*ASSIGNED TASK*. In the listing below, find the line that contains "let not_envoy = not_both" and the line that contains "starts ↦ elim". Quote both and every line between them, exactly, and nothing more.

[MATERIAL FOR THE TASK Boundary: Start]

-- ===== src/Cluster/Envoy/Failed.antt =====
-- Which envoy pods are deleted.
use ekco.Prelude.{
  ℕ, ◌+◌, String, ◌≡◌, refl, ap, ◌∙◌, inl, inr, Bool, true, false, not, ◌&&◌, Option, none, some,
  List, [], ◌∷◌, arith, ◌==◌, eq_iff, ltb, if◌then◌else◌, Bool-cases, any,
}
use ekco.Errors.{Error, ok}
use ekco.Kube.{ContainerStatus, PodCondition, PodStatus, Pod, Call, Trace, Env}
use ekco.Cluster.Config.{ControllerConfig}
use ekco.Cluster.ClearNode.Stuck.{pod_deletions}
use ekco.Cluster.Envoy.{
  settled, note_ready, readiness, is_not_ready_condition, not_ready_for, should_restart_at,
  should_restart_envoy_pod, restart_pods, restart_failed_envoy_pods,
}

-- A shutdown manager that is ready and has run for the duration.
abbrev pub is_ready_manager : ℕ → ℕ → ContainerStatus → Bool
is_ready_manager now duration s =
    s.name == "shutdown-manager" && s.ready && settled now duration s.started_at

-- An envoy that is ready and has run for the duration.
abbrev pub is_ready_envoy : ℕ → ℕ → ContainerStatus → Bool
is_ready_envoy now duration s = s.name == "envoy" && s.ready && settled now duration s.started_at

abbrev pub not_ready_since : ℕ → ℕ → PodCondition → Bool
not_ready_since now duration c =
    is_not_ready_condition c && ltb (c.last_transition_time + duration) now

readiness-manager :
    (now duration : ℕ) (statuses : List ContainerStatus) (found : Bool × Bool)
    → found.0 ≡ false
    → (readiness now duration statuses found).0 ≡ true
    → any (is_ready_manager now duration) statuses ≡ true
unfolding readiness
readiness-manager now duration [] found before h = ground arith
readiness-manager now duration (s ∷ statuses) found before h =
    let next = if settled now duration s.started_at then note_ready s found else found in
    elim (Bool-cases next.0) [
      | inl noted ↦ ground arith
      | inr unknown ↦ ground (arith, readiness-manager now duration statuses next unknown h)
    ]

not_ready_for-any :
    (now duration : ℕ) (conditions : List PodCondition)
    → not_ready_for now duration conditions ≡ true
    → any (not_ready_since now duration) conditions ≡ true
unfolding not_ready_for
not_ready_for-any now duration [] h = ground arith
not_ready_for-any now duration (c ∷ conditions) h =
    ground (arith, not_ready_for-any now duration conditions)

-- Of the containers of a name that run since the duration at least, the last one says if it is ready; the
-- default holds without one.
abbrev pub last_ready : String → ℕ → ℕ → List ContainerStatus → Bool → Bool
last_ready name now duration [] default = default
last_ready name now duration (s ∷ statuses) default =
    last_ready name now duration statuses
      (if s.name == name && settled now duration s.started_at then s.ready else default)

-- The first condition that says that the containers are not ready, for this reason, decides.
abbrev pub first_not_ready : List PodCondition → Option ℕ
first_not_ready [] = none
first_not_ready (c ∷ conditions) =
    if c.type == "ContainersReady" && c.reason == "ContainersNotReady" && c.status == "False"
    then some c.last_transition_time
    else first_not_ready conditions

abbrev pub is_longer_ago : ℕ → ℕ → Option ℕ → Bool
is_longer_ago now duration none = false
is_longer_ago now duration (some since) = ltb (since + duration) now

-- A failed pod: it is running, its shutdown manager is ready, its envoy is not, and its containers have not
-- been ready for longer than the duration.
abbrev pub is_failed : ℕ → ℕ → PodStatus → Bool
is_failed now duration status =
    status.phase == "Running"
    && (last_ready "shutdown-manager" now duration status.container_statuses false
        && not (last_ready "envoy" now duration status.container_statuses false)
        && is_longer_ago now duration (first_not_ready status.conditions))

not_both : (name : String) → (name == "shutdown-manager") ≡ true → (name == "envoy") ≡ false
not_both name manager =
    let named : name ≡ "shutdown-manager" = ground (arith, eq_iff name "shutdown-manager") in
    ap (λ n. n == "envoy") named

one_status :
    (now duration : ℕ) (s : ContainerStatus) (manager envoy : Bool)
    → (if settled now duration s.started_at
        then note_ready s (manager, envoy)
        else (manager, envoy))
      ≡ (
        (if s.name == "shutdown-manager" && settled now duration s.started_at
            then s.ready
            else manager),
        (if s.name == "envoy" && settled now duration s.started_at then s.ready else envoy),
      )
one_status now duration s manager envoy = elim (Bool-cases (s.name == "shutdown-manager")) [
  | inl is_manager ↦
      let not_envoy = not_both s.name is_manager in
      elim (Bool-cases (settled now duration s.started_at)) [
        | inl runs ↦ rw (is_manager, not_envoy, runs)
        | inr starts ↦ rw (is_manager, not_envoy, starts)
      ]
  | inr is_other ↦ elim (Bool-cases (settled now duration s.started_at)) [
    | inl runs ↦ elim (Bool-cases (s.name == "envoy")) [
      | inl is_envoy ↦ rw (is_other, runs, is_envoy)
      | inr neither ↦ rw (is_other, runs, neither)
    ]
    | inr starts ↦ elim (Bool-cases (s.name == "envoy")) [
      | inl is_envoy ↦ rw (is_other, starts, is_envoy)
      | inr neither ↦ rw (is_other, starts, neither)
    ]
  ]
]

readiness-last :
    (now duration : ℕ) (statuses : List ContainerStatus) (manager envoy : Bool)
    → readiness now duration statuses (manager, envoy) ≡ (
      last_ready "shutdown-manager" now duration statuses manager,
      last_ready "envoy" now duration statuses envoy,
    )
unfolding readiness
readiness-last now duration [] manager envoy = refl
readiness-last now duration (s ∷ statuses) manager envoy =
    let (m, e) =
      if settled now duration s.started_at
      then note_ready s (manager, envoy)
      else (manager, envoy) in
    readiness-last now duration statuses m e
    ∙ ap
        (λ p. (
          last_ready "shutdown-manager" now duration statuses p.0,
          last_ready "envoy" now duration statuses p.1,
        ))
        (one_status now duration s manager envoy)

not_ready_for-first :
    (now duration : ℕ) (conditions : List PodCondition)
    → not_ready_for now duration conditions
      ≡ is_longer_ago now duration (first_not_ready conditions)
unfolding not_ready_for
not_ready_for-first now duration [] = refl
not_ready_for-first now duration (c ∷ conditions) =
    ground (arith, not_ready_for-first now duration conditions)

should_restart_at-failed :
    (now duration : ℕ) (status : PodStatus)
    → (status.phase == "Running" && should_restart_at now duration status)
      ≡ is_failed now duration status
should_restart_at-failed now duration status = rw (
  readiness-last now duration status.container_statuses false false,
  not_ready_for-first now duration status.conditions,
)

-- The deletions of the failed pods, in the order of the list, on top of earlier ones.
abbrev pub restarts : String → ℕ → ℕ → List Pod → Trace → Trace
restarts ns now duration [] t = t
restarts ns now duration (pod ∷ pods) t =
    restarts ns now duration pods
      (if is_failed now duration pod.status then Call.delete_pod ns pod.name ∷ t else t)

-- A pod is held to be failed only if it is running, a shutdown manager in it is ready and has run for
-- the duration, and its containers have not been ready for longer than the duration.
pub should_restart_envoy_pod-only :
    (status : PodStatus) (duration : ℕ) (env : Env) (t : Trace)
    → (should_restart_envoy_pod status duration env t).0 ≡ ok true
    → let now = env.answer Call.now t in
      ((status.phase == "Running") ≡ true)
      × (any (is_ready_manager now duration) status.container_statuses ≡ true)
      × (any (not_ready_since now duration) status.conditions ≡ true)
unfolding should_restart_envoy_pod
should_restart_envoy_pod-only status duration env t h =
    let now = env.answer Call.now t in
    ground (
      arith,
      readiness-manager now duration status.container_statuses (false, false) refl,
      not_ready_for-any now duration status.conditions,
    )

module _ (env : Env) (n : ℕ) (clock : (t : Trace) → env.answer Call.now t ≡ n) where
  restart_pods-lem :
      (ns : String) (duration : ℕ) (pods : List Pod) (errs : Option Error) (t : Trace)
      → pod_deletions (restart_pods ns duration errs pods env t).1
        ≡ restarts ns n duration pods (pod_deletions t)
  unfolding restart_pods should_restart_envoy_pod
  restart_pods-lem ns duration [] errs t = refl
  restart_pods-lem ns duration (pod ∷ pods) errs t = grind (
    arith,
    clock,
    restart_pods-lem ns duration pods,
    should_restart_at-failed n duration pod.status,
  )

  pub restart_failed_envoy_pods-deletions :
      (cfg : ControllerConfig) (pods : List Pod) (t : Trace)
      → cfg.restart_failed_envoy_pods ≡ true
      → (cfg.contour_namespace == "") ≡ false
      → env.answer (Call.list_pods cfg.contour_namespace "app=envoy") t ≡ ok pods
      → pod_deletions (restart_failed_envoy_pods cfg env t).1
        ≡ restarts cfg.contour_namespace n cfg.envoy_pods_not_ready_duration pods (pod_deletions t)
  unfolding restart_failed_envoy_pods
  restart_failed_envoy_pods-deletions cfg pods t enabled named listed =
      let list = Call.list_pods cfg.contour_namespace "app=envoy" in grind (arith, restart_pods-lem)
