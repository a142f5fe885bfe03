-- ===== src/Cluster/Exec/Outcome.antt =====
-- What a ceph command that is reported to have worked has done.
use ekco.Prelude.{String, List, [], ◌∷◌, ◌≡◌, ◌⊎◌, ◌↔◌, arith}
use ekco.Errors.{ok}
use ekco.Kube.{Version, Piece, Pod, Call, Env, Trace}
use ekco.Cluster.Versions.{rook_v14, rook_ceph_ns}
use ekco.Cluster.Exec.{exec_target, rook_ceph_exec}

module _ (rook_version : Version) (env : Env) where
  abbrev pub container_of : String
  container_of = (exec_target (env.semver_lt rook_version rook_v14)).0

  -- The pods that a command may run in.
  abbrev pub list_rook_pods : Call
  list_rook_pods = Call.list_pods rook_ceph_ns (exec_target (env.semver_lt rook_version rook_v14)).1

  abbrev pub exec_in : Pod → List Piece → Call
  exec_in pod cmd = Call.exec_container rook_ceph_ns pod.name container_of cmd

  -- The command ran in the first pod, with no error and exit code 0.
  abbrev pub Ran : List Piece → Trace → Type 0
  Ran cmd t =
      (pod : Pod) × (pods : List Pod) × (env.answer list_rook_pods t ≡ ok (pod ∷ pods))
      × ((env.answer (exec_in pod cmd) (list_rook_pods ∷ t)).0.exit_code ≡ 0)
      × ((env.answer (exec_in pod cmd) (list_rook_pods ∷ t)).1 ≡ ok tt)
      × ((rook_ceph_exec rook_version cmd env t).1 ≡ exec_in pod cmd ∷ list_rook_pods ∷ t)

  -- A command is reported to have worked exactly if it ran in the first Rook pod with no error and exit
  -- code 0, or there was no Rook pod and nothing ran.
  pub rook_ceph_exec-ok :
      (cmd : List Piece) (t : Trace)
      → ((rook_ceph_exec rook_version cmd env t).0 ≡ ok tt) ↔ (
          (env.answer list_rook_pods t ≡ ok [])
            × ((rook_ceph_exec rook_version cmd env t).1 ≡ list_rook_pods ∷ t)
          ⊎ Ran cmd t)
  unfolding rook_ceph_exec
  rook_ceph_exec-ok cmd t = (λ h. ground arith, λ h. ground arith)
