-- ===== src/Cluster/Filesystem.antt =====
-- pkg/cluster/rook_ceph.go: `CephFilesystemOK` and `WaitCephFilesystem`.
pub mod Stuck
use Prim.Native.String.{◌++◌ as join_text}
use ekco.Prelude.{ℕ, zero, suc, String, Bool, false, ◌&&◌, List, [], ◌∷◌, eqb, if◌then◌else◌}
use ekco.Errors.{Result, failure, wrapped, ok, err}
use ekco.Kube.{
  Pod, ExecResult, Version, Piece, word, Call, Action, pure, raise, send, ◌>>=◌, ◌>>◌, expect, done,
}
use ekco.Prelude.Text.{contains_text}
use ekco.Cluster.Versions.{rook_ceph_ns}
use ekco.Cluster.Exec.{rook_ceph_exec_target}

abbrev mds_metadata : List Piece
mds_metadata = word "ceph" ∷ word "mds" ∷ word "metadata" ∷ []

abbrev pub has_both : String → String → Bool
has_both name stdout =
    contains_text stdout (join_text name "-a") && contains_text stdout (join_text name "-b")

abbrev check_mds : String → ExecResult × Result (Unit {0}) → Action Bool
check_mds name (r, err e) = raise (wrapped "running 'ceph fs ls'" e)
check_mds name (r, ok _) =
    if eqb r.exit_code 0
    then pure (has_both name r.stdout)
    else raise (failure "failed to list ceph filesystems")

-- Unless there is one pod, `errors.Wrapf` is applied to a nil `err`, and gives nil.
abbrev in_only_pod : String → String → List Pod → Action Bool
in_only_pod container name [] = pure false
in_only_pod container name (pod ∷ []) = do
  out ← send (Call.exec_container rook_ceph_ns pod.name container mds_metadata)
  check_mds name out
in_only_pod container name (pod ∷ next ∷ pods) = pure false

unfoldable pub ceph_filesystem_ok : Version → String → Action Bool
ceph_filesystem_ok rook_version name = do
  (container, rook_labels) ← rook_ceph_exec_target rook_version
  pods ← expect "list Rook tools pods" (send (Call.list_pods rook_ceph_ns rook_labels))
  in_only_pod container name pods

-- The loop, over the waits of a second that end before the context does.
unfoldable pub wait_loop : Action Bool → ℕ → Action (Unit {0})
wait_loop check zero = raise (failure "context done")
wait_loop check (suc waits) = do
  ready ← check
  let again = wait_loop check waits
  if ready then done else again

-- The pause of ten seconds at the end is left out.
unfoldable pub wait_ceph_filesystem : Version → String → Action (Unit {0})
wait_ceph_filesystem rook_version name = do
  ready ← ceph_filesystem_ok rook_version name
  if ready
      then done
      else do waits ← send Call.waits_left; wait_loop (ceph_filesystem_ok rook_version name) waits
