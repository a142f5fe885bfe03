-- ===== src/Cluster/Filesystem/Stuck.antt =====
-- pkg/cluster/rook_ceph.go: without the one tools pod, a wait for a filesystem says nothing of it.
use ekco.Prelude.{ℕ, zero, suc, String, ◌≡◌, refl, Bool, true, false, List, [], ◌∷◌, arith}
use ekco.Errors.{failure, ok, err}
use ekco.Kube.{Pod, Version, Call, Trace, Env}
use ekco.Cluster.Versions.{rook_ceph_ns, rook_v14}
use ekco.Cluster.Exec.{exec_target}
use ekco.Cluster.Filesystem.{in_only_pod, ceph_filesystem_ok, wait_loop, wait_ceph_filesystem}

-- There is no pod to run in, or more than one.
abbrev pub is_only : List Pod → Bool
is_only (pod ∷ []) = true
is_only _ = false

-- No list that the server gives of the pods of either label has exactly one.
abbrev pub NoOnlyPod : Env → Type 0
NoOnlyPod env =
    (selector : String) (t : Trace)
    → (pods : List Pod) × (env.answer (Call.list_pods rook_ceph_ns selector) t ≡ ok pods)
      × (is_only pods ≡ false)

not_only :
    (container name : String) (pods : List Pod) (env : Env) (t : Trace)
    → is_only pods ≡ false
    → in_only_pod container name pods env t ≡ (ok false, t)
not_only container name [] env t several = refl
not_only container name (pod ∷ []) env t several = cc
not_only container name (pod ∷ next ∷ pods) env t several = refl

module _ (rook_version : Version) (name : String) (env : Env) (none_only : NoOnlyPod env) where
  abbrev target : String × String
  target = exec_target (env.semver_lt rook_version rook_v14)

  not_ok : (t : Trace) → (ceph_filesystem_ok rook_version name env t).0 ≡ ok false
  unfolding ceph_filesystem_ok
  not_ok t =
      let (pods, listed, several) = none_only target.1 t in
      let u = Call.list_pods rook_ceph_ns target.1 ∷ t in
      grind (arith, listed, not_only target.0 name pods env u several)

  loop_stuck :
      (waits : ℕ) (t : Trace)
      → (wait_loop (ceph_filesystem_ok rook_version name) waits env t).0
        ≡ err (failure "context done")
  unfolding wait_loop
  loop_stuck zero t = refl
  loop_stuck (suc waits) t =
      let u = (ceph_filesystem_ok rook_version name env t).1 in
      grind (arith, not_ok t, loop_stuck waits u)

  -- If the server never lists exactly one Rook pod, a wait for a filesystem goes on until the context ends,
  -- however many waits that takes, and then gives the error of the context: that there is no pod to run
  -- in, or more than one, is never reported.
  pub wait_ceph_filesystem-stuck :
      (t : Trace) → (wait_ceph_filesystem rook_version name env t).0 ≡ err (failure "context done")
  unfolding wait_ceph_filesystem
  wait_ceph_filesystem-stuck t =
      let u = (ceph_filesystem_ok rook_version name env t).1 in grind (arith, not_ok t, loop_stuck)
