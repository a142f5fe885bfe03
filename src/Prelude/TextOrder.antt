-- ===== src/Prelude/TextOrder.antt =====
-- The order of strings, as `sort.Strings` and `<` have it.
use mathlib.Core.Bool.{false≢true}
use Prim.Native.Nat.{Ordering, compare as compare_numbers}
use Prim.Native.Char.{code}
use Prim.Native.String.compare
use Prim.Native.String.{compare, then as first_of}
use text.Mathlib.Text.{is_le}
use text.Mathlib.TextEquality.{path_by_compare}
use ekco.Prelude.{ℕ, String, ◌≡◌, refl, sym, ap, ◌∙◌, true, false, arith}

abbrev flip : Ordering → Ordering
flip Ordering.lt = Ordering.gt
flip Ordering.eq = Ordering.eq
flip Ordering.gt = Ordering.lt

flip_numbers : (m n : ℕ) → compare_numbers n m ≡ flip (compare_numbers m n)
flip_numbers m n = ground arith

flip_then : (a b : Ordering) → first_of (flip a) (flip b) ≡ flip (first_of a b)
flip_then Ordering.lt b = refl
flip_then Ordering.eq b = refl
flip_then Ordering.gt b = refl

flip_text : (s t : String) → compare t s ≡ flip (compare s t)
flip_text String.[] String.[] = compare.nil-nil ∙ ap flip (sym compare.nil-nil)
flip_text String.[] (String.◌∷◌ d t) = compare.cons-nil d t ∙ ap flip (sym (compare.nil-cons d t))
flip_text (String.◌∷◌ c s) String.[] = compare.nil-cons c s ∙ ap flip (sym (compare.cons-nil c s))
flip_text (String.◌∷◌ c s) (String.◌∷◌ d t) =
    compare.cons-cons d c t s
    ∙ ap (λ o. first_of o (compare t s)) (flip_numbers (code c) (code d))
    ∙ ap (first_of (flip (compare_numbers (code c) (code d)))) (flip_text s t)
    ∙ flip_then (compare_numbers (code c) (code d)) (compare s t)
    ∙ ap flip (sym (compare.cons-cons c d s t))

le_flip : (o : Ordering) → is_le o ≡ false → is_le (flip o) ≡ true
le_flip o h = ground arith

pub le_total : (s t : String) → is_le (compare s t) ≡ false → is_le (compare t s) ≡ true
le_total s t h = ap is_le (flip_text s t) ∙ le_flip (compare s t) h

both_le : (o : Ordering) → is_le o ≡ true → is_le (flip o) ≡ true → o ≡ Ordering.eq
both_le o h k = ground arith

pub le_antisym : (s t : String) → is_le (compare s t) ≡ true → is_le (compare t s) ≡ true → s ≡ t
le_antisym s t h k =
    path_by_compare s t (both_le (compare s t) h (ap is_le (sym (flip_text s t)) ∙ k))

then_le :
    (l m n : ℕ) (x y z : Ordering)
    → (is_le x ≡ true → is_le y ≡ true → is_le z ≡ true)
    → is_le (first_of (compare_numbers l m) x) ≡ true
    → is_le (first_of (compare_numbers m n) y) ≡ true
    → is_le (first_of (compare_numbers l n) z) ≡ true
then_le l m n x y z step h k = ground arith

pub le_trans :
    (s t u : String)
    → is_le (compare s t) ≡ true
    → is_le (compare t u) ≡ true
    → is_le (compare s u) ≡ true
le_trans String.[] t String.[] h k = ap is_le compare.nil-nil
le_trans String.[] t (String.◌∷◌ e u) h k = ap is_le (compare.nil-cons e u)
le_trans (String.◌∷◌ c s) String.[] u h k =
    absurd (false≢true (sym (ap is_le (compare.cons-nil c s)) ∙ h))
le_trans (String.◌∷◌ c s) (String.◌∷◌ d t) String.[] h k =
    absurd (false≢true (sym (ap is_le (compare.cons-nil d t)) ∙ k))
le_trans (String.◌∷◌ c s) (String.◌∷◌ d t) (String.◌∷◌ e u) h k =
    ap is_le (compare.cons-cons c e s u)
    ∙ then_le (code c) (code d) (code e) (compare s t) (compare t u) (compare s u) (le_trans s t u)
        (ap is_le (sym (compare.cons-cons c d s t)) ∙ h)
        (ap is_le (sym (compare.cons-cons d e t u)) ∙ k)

[MATERIAL FOR THE TASK Boundary: End]

*YOUR RESPONSE*.
      let not_envoy = not_both s.name is_manager in
      elim (Bool-cases (settled now duration s.started_at)) [
        | inl runs ↦ rw (is_manager, not_envoy, runs)
        | inr starts ↦ rw (is_manager, not_envoy, starts)
      ]
  | inr is_other ↦ elim (Bool-cases (settled now duration s.started_at)) [
    | inl runs ↦ elim (Bool-cases (s.name == "envoy")) [
      | inl is_envoy ↦ rw (is_other, runs, is_envoy)
      | inr neither ↦ rw (is_other, runs, neither)
    ]
    | inr starts ↦ elim (Bool-cases (s.name == "envoy")) [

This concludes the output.